La Palma is a musical duo comprised of Chris Walker and Tim Gibbon, two multi-instrumental musicians who have been collaborating since the conception of their self-titled debut release in 2019. The pair’s latest release, Moonflower, is a dreamy 12-track psych-pop/indie folk album that, despite being inspired by major life shifts both personal and global, contains a lightness and breeziness to it, making it a great springtime listen.
Walker and Gibbon are based out of San Francisco and Washington, DC, respectively, and as such their creation process for the album was done correspondence-style, which proved a useful system given the pandemic as well. The two musicians create their songs by adding elements bit by bit, layering on sounds and sending files of recordings across the country as they compose their musical collage of sending parts of tracks digitally back and forth, slowly layering sound upon sound to create their latest psych-pop/indie folk release. The duo cites creating the album as a mode of staying connected and staying positive, focusing on creating something beautiful and comforting in this time of changes and utter chaos.
There is a botanical theme to Moonflower, starting with the album’s title, about which La Palma states, “a flower that blooms only on the darkest of nights seemed like an appropriate metaphor.” With tracks titled “Forsythia,” “Presidio,” (referring to the vast public park space in San Francisco) and “Lilac,” La Palma weaves a common thread of natural beauty through its garden of songs, complemented by the folksy element of acoustic guitar and gentle, lilting vocals.

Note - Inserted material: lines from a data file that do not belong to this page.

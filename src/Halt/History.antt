-- ===== src/Halt/History.antt =====
-- Every history of calls of the switch keeps the table sound.
use algo_poc.Prelude.{
  ℕ, ◌≡◌, ap, subst, ◌∙◌, Bool, true, String, Option, none, some, List, [], ◌∷◌, arith, ◌⊎◌,
  Option-cases, inl, inr,
}
use algo_poc.Halt.Store.{HaltStore, rollback, record_halt, clear_halt, attempt}
use algo_poc.Halt.Switch.{
  KillSwitch, activate, deactivate, reload_from_store, sync_from_store, persist_again, on_store,
  text_or, time_or,
}
use algo_poc.Halt.Durable.{IsSound, attempt-IsSound, record_halt-IsWrite, clear_halt-IsWrite}
use algo_poc.Halt.Sync.{rollback_clean}

-- A call of the switch; its first arguments are whether the database carries it out, and the time.
pub data Call : Type 0 where
  kill : Bool → ℕ → String → String → String → Call
  clear : Bool → ℕ → String → Call
  reload : Call
  sync : Bool → ℕ → Call

unfoldable pub apply : Call → KillSwitch → KillSwitch
apply (kill works now reason by source) k = activate works now reason by source k
apply (clear works now by) k = deactivate works now by k
apply reload k = reload_from_store k
apply (sync works now) k = sync_from_store works now k

unfoldable pub run : List Call → KillSwitch → KillSwitch
run [] k = k
run (c ∷ cs) k = run cs (apply c k)

abbrev pub IsSoundStore : Option HaltStore → Type 0
IsSoundStore none = Unit
IsSoundStore (some s) = IsSound s

on_store-IsSound :
    (f : HaltStore → HaltStore) (o : Option HaltStore)
    → ((s : HaltStore) → IsSound s → IsSound (f s))
    → IsSoundStore o
    → IsSoundStore (on_store f o)
on_store-IsSound f none h v = tt
on_store-IsSound f (some s) h v = h s v

attempt_record :
    (works : Bool) (mode source reason by : String) (now : ℕ) (s : HaltStore)
    → IsSound s
    → IsSound (attempt works (record_halt mode source reason by now) s)
attempt_record works mode source reason by now s v =
    attempt-IsSound works (record_halt mode source reason by now) s v
      (record_halt-IsWrite mode source reason by now s v.valid)

reload-store :
    (k : KillSwitch) (s : HaltStore)
    → k.halt_store ≡ some s
    → (reload_from_store k).halt_store ≡ some (rollback s)
unfolding reload_from_store
reload-store k s e = ground arith

none-store :
    (works : Bool) (now : ℕ) (k : KillSwitch)
    → k.halt_store ≡ none
    → ((reload_from_store k).halt_store ≡ none) × ((sync_from_store works now k).halt_store ≡ none)
unfolding reload_from_store sync_from_store
none-store works now k e = ground arith

-- A re-sync leaves the store, or attempts to record the halt again.
sync-store :
    (works : Bool) (now : ℕ) (k : KillSwitch) (s : HaltStore)
    → k.halt_store ≡ some s
    → s.rows ≡ s.committed
    → ((sync_from_store works now k).halt_store ≡ some s)
      ⊎ ((sync_from_store works now k).halt_store ≡ some (persist_again works now k s))
unfolding sync_from_store persist_again
sync-store works now k s e c = ground (arith, rollback_clean s c)

apply-IsSound :
    (c : Call) (k : KillSwitch) → IsSoundStore k.halt_store → IsSoundStore (apply c k).halt_store
unfolding apply activate deactivate
apply-IsSound (kill works now reason by source) k v =
    on_store-IsSound _ k.halt_store (attempt_record works k.mode source reason by now) v
apply-IsSound (clear works now by) k v =
    on_store-IsSound _ k.halt_store
      (λ s w.
        attempt-IsSound works (λ t. (clear_halt k.mode by now t).1) s w
          (clear_halt-IsWrite k.mode by now s w.valid))
      v
apply-IsSound reload k v = elim (Option-cases k.halt_store) [
  | inl e ↦ rw (none-store true 0 k e).0 tt
  | inr (s, e) ↦
      let w : IsSound s = subst IsSoundStore e v in
      rw (reload-store k s e ∙ ap some (rollback_clean s w.clean)) w
]
apply-IsSound (sync works now) k v = elim (Option-cases k.halt_store) [
  | inl e ↦ rw (none-store works now k e).1 tt
  | inr (s, e) ↦
      let w : IsSound s = subst IsSoundStore e v in
      elim (sync-store works now k s e w.clean) [
        | inl same ↦ rw same w
        | inr again ↦ rw again (
            unfold persist_again in
            attempt_record works k.mode "kill" (text_or k.reason "resynced halt")
              (text_or k.triggered_by "kill_switch") (time_or k.activated_at now) s w)
      ]
]

-- Whatever calls are made of the switch, and whichever of them the database fails, the table keeps
-- at most one active halt for each mode and ids that grow, and nothing stays uncommitted.
pub run-IsSound :
    (cs : List Call) (k : KillSwitch)
    → IsSoundStore k.halt_store
    → IsSoundStore (run cs k).halt_store
unfolding run
run-IsSound [] k v = v
run-IsSound (c ∷ cs) k v = run-IsSound cs (apply c k) (apply-IsSound c k v)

Certain tracks call to mind the vernal lightness of acts such as Y La Bamba and Little Joy, while other more experimental tracks, which are textured with found sounds and phone recordings, are reminiscent of Animal Collective, whom the band cites as an inspiration.
Most songs on Moonflower are tinged with a dreamy nostalgia, apparent in tracks such as “Nostomania,” whose title means an intense homesickness, and whose lyrics offer the visual, “Picture the sky, saying goodbye / Picture the sand, shaking his hand,” before insisting, “If not now / Then when?” Other tracks like “Everything,” however, remain grounded in our all-too-real reality, exploring existential themes and opening with the lyrics, “Earth is on fire / These men are all liars.”
Though on the whole the album blooms with a dreamy sweetness and vague optimism, Moonflower also contains traces of a nuanced melancholia, feeling very appropriate for the season of its release.